Yes, Dexter has been to the vet and everything was fine with exception to the diarrhea. But, his stool was tested for parasites and it was neg He is currently eating Blue Buffalo Chicken and Brown Rice formula mixed with water to soften it. We just stop giving him nutro max wet food mixed with the dry. Thinking that the wet food might be causing the diarrhea.


----------



## spotted nikes (Feb 7, 2008)

Allergies to chicken are pretty common. Have you ever tried him on a grain free alternative protein source food like Taste of the Wild?


----------



## DexterLover (Jan 10, 2011)

I hate not. That might be a possibility.


----------



## spotted nikes (Feb 7, 2008)

You might try it. I use the TOTW High Prairie formula, and occasionally the pacific stream. I'd avoid the Lamb and rice, as Lamb is common enough nowadays, that it can also be an allergy source. High Prairie is Bison and venison. 

If you switch foods, do it gradually over a 2 week period adding in a little new food to the old, so at the end of the 2 weeks, you are feeding just the new food. Otherwise your dog can get a stomach upset (more diarrhea/vomitting).


----------



## DexterLover (Jan 10, 2011)

I am nervous about trying another food b/c when we started the BB Chicken and Brown Rice Formula everything was fine and now two moths later he is having the diarrhea problem.
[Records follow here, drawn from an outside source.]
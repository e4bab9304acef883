-- ===== src/Launch/Examples.antt =====
-- A start with a CA file, over SSE.
use Prim.Native.String.{String}
use grpcmcp.Base.{
  ℕ, ◌≡◌, ◌≢◌, refl, ap, ◌⊎◌, Bool, true, false, Option, none, some, [], arith, ◌==◌, eq_iff,
  lookup, if◌then◌else◌,
}
use grpcmcp.Base.Int.{pos}
use grpcmcp.Base.Results.{Result, ok, err}
use grpcmcp.Cert.{Disk, new_cert_reloader, with_leaf}
use grpcmcp.Gate.{
  gate, reject_browser_origin, reject_unsupported_protocol_version, Request, Response, Handler,
  other,
}
use grpcmcp.Gate.Passing.{IsAdmitted}
use grpcmcp.Startup.{Flags, Settings, configure, check_flags}
use grpcmcp.Forward.{check_collisions}
use grpcmcp.Header.{canonical, get}
use grpcmcp.Tls.{HttpServer, require_and_verify_client_cert, empty_config, cert_pool_from_file}
use grpcmcp.Tls.Trust.{admits, verified_by}
use grpcmcp.Launch.{
  Paths, over_tls, use_sse, streamable_endpoint_path, handler_of, serve, list_changed,
}
use grpcmcp.Launch.Guarded.{handler_of-guarded, serve-verified}

abbrev flags : Flags
flags = record {
  refresh_interval = pos 300;
  host_port = "localhost:80";
  transport = "sse";
  tls_crt = "tls.crt";
  tls_key = "tls.key";
  ca_file = "ca.pem";
  forward_operator_identity = false;
  forward_header_names = [];
  base_url = "http://b";
  require_method_option = "";
  bearer_env = "";
  descriptors = "";
  reflect = true;
  server_name = "gRPC MCP Server";
  server_version = "1.0.0";
  instructions = "";
  services = "";
  description_method_option = 0;
  use_connect = false;
  string64 = false;
}

abbrev seven : ℕ → String → Result String ℕ
seven w s = ok 7

abbrev no_variable : String → Option String
no_variable name = none

abbrev settings : Settings String
settings = record {
  transport = "sse";
  backend_tls = none;
  option_field = 0;
  option_values = [];
  headers = [];
}

accepted : configure seven flags (ok none) no_variable [] ≡ ok settings
unfolding configure check_flags check_collisions
accepted = refl

abbrev read : String → Result String String
read path = if path == "ca.pem" then ok "ours" else err "no such file"

abbrev no_time : ℕ → String
no_time t = ""

abbrev both_files : Disk
both_files = record {
  cert_stat = some 1;
  key_stat = some 1;
  key_pair = ok (record { first = "leaf"; leaf = some 100 });
  parse_leaf = err "";
  now = 5;
}

abbrev signed : Option String → String → Bool
signed none c = false
signed (some roots) c = roots == c

abbrev answer : String → Response
answer s = record { status = 200; content_type = "text/plain"; body = other s }

abbrev paths : Paths
paths path r = answer path

abbrev server : HttpServer String Paths
server = record {
  addr = "localhost:80";
  handler = paths;
  tls_config = record empty_config {
    client_cas = some "ours";
    client_auth = require_and_verify_client_cert;
    get_certificate = some (record {
      cert_file = "tls.crt";
      key_file = "tls.key";
      cert = some (record { der = "leaf"; not_after = 100 });
      cert_mod = 1;
      key_mod = 1;
      last_failure = "";
    });
  };
}

serving : serve read some no_time both_files flags paths ≡ ok (over_tls server)
unfolding serve new_cert_reloader with_leaf
serving = refl

ca_named : flags.ca_file ≢ ""
ca_named e = ground (arith, (eq_iff "ca.pem" "").1 e)

serve-verified_example :
    (s : HttpServer String Paths) × (over_tls server ≡ over_tls s)
    × ((presented : Option String)
        → admits signed s.tls_config presented
          ≡ verified_by signed (cert_pool_from_file read some "ca.pem") presented)
serve-verified_example =
    serve-verified read some no_time both_files signed seven flags (ok none) no_variable [] settings
      paths (over_tls server) accepted ca_named serving

abbrev request : Request
request = record { header = []; body = "ping" }

abbrev not_found : Handler
not_found r = answer "404"

abbrev teapot : Paths
teapot path r = record { status = 418; content_type = "text/plain"; body = other path }

abbrev same_text : String → String
same_text s = s

differs :
    handler_of [] same_text not_found flags "sse" paths not_found "/sse" request
    ≢ handler_of [] same_text not_found flags "sse" teapot not_found "/sse" request
unfolding handler_of gate reject_browser_origin reject_unsupported_protocol_version get canonical
    lookup
differs e = omega (arith, ap (λ r. r.status) e)

handler_of-guarded_example :
    IsAdmitted [] same_text request
    × ((use_sse flags "sse" ≡ true) ⊎ ("/sse" ≡ streamable_endpoint_path))
handler_of-guarded_example =
    handler_of-guarded [] same_text not_found flags "sse" paths teapot not_found not_found "/sse"
      request differs

-- no client can be notified over streamable HTTP
quiet : list_changed flags "http" ≡ false
unfolding list_changed
quiet = refl
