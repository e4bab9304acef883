-- ===== src/Naming/Joined.antt =====
-- Texts that the naming joins: where the last underscore of a text stands, and what it takes to read
-- the two parts of a joined name back.
use Prim.Native.Char.{char, code}
use text.Mathlib.TextEquality.{Char-path}
use text.Mathlib.TextLemmas.{
  nil-append, cons-append, append_assoc, cons≢nil, tail-eq_of_cons-eq, head-eq_of_cons-eq,
}
use grpcmcp.Base.{
  ℕ, Char, String, ◌≡◌, ◌≢◌, refl, sym, ap, ◌∙◌, Bool, true, false, ◌||◌, arith, Bool-cases, inl,
  inr, eqb, if◌then◌else◌,
}
use grpcmcp.Base.Texts.{◌⧺◌}
use grpcmcp.Naming.{replace_dots}

-- the character of this code stands in the text
unfoldable pub has : ℕ → String → Bool
has k String.[] = false
has k (String.◌∷◌ c s) = eqb (code c) k || has k s

abbrev pub Lacks : ℕ → String → Type 0
Lacks k s = has k s ≡ false

pub has-append : (k : ℕ) (a b : String) → has k (a ⧺ b) ≡ (has k a || has k b)
unfolding has
has-append k String.[] b = rw nil-append refl
has-append k (String.◌∷◌ c a) b = rw cons-append (ground (arith, has-append k a b))

-- what stands in front of the last underscore, and behind it
before_last : String → String
before_last String.[] = String.[]
before_last (String.◌∷◌ c s) =
    let rest = before_last s in if has b'_' s then String.◌∷◌ c rest else String.[]

after_last : String → String
after_last String.[] = String.[]
after_last (String.◌∷◌ c s) = let rest = after_last s in if has b'_' s then rest else s

abbrev underscore : Char
underscore = char b'_' tt

with_underscore : (m : String) → "_" ⧺ m ≡ String.◌∷◌ underscore m
with_underscore m = cons-append underscore "" m ∙ ap (λ s. String.◌∷◌ underscore s) (nil-append m)

with_underscores : (m : String) → "__" ⧺ m ≡ "_" ⧺ "_" ⧺ m
with_underscores m = append_assoc "_" "_" m

last_underscore :
    (a m : String) → Lacks b'_' m → (before_last (a ⧺ "_" ⧺ m) ≡ a) × (after_last (a ⧺ "_" ⧺ m) ≡ m)
unfolding before_last after_last has
last_underscore String.[] m h =
    rw nil-append (rw (with_underscore m) (ground (arith, h), ground (arith, h)))
last_underscore (String.◌∷◌ c a) m h =
    let (before, after) = last_underscore a m h in
    let there : has b'_' (a ⧺ "_" ⧺ m) ≡ true =
      has-append b'_' a ("_" ⧺ m) ∙ rw (with_underscore m) (ground arith) in
    rw cons-append (rw there (ap (λ s. String.◌∷◌ c s) before, after))

-- A joined name whose last part has no underscore is read in one way.
pub joined_parts :
    (a m b n : String)
    → Lacks b'_' m
    → Lacks b'_' n
    → a ⧺ "__" ⧺ m ≡ b ⧺ "__" ⧺ n
    → (a ≡ b) × (m ≡ n)
unfolding has
joined_parts a m b n h k e =
    let e' : (a ⧺ "_") ⧺ "_" ⧺ m ≡ (b ⧺ "_") ⧺ "_" ⧺ n = twice a m ∙ e ∙ sym (twice b n) in
    let (first, last) = last_underscore (a ⧺ "_") m h in
    let (first', last') = last_underscore (b ⧺ "_") n k in
    (
      cut_back a ∙ ap before_last (sym first ∙ ap before_last e' ∙ first') ∙ sym (cut_back b),
      sym last ∙ ap after_last e' ∙ last',
    )
  where
    twice : (a m : String) → (a ⧺ "_") ⧺ "_" ⧺ m ≡ a ⧺ "__" ⧺ m
    twice a m = append_assoc a "_" ("_" ⧺ m) ∙ ap (λ s. a ⧺ s) (sym (with_underscores m))

    cut_back : (a : String) → a ≡ before_last (a ⧺ "_")
    cut_back a = sym (last_underscore a "" refl).0

pub joined_has : (a m : String) → has b'_' (a ⧺ "__" ⧺ m) ≡ true
unfolding has
joined_has a m =
    has-append b'_' a ("__" ⧺ m)
    ∙ rw (with_underscores m) (rw (with_underscore ("_" ⧺ m)) (ground arith))

-- replacing dots: over a joined text, where there is none, and read back
pub replace_dots-append : (a b : String) → replace_dots (a ⧺ b) ≡ replace_dots a ⧺ replace_dots b
unfolding replace_dots
replace_dots-append String.[] b = rw nil-append (rw nil-append refl)
replace_dots-append (String.◌∷◌ c a) b = elim (Bool-cases (eqb (code c) b'.')) [
  | inl dot ↦ rw cons-append (rw dot (rw (replace_dots-append a b) (sym (append_assoc _ _ _))))
  | inr other ↦ rw cons-append (rw other (rw (replace_dots-append a b) (rw cons-append refl)))
]

pub replace_dots_none : (s : String) → Lacks b'.' s → replace_dots s ≡ s
unfolding replace_dots has
replace_dots_none String.[] h = refl
replace_dots_none (String.◌∷◌ c s) h = ground (arith, h, replace_dots_none s (ground (arith, h)))

replace_dots-dot :
    (c : Char) (s : String)
    → eqb (code c) b'.' ≡ true
    → replace_dots (String.◌∷◌ c s) ≡ String.◌∷◌ underscore (replace_dots s)
unfolding replace_dots
replace_dots-dot c s dot = rw dot (with_underscore (replace_dots s))

-- a text that has no underscore when its dots are replaced has neither
pub Lacks-replace_dots : (s : String) → Lacks b'_' (replace_dots s) → Lacks b'.' s
unfolding replace_dots has
Lacks-replace_dots String.[] h = refl
Lacks-replace_dots (String.◌∷◌ c s) h = elim (Bool-cases (eqb (code c) b'.')) [
  | inl dot ↦ absurd (no_underscore (sym (ap (has b'_') (replace_dots-dot c s dot)) ∙ h))
  | inr other ↦ ground (arith, h, other, Lacks-replace_dots s (ground (arith, h, other)))
]
  where
    no_underscore : has b'_' (String.◌∷◌ underscore (replace_dots s)) ≢ false
    no_underscore e = ground arith

replace_dots-other :
    (c : Char) (s : String)
    → eqb (code c) b'.' ≡ false
    → replace_dots (String.◌∷◌ c s) ≡ String.◌∷◌ c (replace_dots s)
unfolding replace_dots
replace_dots-other c s other = rw other refl

replace_dots-cons : (c : Char) (s : String) → replace_dots (String.◌∷◌ c s) ≢ ""
replace_dots-cons c s e = elim (Bool-cases (eqb (code c) b'.')) [
  | inl dot ↦ cons≢nil (sym (replace_dots-dot c s dot) ∙ e)
  | inr other ↦ cons≢nil (sym (replace_dots-other c s other) ∙ e)
]

-- replacing dots keeps texts without underscores apart
pub replace_dots_inj :
    (a b : String) → Lacks b'_' a → Lacks b'_' b → replace_dots a ≡ replace_dots b → a ≡ b
unfolding replace_dots has
replace_dots_inj String.[] String.[] h k e = refl
replace_dots_inj String.[] (String.◌∷◌ d b) h k e = absurd (replace_dots-cons d b (sym e))
replace_dots_inj (String.◌∷◌ c a) String.[] h k e = absurd (replace_dots-cons c a e)
replace_dots_inj (String.◌∷◌ c a) (String.◌∷◌ d b) h k e =
    let rest = replace_dots_inj a b (ground (arith, h)) (ground (arith, k)) in
    elim (Bool-cases (eqb (code c) b'.')) [
      | inl p ↦ elim (Bool-cases (eqb (code d) b'.')) [
        | inl q ↦
            let e' = sym (replace_dots-dot c a p) ∙ e ∙ replace_dots-dot d b q in
            same (Char-path c d (ground (arith, p, q))) (rest (tail-eq_of_cons-eq e'))
        | inr q ↦
            let e' = sym (replace_dots-dot c a p) ∙ e ∙ replace_dots-other d b q in
            absurd (ground (arith, k, ap code (head-eq_of_cons-eq e')))
      ]
      | inr p ↦ elim (Bool-cases (eqb (code d) b'.')) [
        | inl q ↦
            let e' = sym (replace_dots-other c a p) ∙ e ∙ replace_dots-dot d b q in
            absurd (ground (arith, h, ap code (head-eq_of_cons-eq e')))
        | inr q ↦
            let e' = sym (replace_dots-other c a p) ∙ e ∙ replace_dots-other d b q in
            same (head-eq_of_cons-eq e') (rest (tail-eq_of_cons-eq e'))
      ]
    ]
  where
    same : c ≡ d → a ≡ b → String.◌∷◌ c a ≡ String.◌∷◌ d b
    same p q = ap (λ x. String.◌∷◌ x a) p ∙ ap (λ x. String.◌∷◌ d x) q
So I think that I am going to switch him back to his other food and try the probiotics.

I am going to start giving him Science Diet Nature's Best Chicken and Brown Rice Formula.


----------



## spotted nikes (Feb 7, 2008)

Science Diet is NOT a good food.

Seriously...Consider a grain free alternative protein food. Switching from one chicken/grain food to another won't accomplish anything.


----------



## kafkabeetle (Dec 4, 2009)

Yeah, Science Diet is not a good food at all and extremely overpriced. I also recommend Taste of the Wild or another grain free food, since it is likely an allergy issue.


----------



## DexterLover (Jan 10, 2011)

Thanks, I looked at the http://www.dogfoodadvisor.com/ website and realized that. I have decided to feed TOTW Pacific Stream Formula and have already placed my order with petflow. I am hoping that between the new foods and probiotics his diarrhea issues will subside.


----------



## Celestevah (Jan 10, 2011)

I am having a problem with my puppy. He's about 6 1/2 months old (whatever my ticker says!) and we've had him for 2 1/2 weeks. Everything was fine and then the night of his rabies vaccine he had diarrhea. It would switch between straight up watery to just soft stool and between brown and yellow. His fecal test the day of the rabies shot was fine and he went back to the vet this past thursday and his fecal then was fine too. 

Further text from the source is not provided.